▼
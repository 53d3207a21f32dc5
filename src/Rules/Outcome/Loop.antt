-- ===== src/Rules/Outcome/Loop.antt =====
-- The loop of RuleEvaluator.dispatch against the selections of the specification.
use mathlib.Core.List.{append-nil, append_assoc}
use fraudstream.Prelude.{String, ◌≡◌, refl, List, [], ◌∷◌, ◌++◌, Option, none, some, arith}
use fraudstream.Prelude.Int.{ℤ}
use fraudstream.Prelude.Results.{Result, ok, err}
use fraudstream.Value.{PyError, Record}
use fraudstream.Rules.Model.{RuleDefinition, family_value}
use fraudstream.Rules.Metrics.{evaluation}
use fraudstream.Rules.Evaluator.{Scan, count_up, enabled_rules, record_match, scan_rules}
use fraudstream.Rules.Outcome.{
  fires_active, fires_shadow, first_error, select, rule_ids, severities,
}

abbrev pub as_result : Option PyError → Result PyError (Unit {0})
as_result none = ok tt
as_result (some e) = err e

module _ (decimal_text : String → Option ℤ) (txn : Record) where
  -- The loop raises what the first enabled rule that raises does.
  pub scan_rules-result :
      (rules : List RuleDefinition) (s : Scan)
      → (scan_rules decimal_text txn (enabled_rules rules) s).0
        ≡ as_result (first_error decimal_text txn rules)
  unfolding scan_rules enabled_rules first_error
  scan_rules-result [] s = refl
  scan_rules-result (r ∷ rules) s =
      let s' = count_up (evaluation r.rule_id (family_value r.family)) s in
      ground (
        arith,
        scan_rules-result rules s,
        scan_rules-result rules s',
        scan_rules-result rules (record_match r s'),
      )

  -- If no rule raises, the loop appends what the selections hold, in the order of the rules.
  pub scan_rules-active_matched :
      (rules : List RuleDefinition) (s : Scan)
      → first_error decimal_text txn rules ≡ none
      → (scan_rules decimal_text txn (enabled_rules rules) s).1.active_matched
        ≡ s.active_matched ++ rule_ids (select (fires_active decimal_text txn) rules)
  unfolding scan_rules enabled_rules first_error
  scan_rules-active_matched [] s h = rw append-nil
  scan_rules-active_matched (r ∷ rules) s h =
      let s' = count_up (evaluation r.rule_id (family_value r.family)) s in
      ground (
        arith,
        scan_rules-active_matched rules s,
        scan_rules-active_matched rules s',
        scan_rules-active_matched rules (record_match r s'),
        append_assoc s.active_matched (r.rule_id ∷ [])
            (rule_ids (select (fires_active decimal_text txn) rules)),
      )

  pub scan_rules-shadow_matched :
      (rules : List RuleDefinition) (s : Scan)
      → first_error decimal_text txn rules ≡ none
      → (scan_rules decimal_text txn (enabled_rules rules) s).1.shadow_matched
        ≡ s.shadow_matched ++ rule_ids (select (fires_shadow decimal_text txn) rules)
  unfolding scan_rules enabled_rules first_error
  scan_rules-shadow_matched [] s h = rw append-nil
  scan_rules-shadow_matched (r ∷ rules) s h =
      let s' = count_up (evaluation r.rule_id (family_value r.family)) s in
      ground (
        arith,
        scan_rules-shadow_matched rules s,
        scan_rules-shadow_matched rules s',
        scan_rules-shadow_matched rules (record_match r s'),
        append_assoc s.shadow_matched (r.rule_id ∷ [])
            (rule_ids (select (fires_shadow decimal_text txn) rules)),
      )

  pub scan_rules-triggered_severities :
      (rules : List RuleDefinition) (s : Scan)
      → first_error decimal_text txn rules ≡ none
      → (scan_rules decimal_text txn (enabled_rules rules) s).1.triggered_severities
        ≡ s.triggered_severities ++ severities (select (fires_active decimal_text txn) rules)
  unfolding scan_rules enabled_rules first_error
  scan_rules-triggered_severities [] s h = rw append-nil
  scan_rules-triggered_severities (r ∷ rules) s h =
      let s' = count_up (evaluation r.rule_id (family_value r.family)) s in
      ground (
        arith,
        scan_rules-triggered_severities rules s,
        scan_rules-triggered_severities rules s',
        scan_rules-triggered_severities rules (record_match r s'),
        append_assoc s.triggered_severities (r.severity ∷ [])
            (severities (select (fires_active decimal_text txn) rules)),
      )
▲
■ Problem to work on: Give back the whole listing above. Keep every character the same.

■ The answer:
repository 53d3207a21f32dc5
filename src/Rules/Outcome/Loop.antt
-- ===== src/Rules/Outcome/Loop.antt =====
-- The loop of RuleEvaluator.dispatch against the selections of the specification.
use mathlib.Core.List.{append-nil, append_assoc}
use fraudstream.Prelude.{String, ◌≡◌, refl, List, [], ◌∷◌, ◌++◌, Option, none, some, arith}
use fraudstream.Prelude.Int.{ℤ}
use fraudstream.Prelude.Results.{Result, ok, err}
use fraudstream.Value.{PyError, Record}
use fraudstream.Rules.Model.{RuleDefinition, family_value}
use fraudstream.Rules.Metrics.{evaluation}
use fraudstream.Rules.Evaluator.{Scan, count_up, enabled_rules, record_match, scan_rules}
use fraudstream.Rules.Outcome.{
  fires_active, fires_shadow, first_error, select, rule_ids, severities,
}

abbrev pub as_result : Option PyError → Result PyError (Unit {0})
as_result none = ok tt
as_result (some e) = err e

module _ (decimal_text : String → Option ℤ) (txn : Record) where
  -- The loop raises what the first enabled rule that raises does.
  pub scan_rules-result :
      (rules : List RuleDefinition) (s : Scan)
      → (scan_rules decimal_text txn (enabled_rules rules) s).0
        ≡ as_result (first_error decimal_text txn rules)
  unfolding scan_rules enabled_rules first_error
  scan_rules-result [] s = refl
  scan_rules-result (r ∷ rules) s =
      let s' = count_up (evaluation r.rule_id (family_value r.family)) s in
      ground (
        arith,
        scan_rules-result rules s,
        scan_rules-result rules s',
        scan_rules-result rules (record_match r s'),
      )

  -- If no rule raises, the loop appends what the selections hold, in the order of the rules.
  pub scan_rules-active_matched :
      (rules : List RuleDefinition) (s : Scan)
      → first_error decimal_text txn rules ≡ none
      → (scan_rules decimal_text txn (enabled_rules rules) s).1.active_matched
        ≡ s.active_matched ++ rule_ids (select (fires_active decimal_text txn) rules)
  unfolding scan_rules enabled_rules first_error
  scan_rules-active_matched [] s h = rw append-nil
  scan_rules-active_matched (r ∷ rules) s h =
      let s' = count_up (evaluation r.rule_id (family_value r.family)) s in
      ground (
        arith,
        scan_rules-active_matched rules s,
        scan_rules-active_matched rules s',
        scan_rules-active_matched rules (record_match r s'),
        append_assoc s.active_matched (r.rule_id ∷ [])
            (rule_ids (select (fires_active decimal_text txn) rules)),
      )

  pub scan_rules-shadow_matched :
      (rules : List RuleDefinition) (s : Scan)
      → first_error decimal_text txn rules ≡ none
      → (scan_rules decimal_text txn (enabled_rules rules) s).1.shadow_matched
        ≡ s.shadow_matched ++ rule_ids (select (fires_shadow decimal_text txn) rules)
  unfolding scan_rules enabled_rules first_error
  scan_rules-shadow_matched [] s h = rw append-nil
  scan_rules-shadow_matched (r ∷ rules) s h =
      let s' = count_up (evaluation r.rule_id (family_value r.family)) s in
      ground (
        arith,
        scan_rules-shadow_matched rules s,
        scan_rules-shadow_matched rules s',
        scan_rules-shadow_matched rules (record_match r s'),
        append_assoc s.shadow_matched (r.rule_id ∷ [])
            (rule_ids (select (fires_shadow decimal_text txn) rules)),
      )

  pub scan_rules-triggered_severities :
      (rules : List RuleDefinition) (s : Scan)
      → first_error decimal_text txn rules ≡ none
      → (scan_rules decimal_text txn (enabled_rules rules) s).1.triggered_severities
        ≡ s.triggered_severities ++ severities (select (fires_active decimal_text txn) rules)
  unfolding scan_rules enabled_rules first_error
  scan_rules-triggered_severities [] s h = rw append-nil
  scan_rules-triggered_severities (r ∷ rules) s h =
      let s' = count_up (evaluation r.rule_id (family_value r.family)) s in
      ground (
        arith,
        scan_rules-triggered_severities rules s,
        scan_rules-triggered_severities rules s',
        scan_rules-triggered_severities rules (record_match r s'),
        append_assoc s.triggered_severities (r.severity ∷ [])
            (severities (select (fires_active decimal_text txn) rules)),
      )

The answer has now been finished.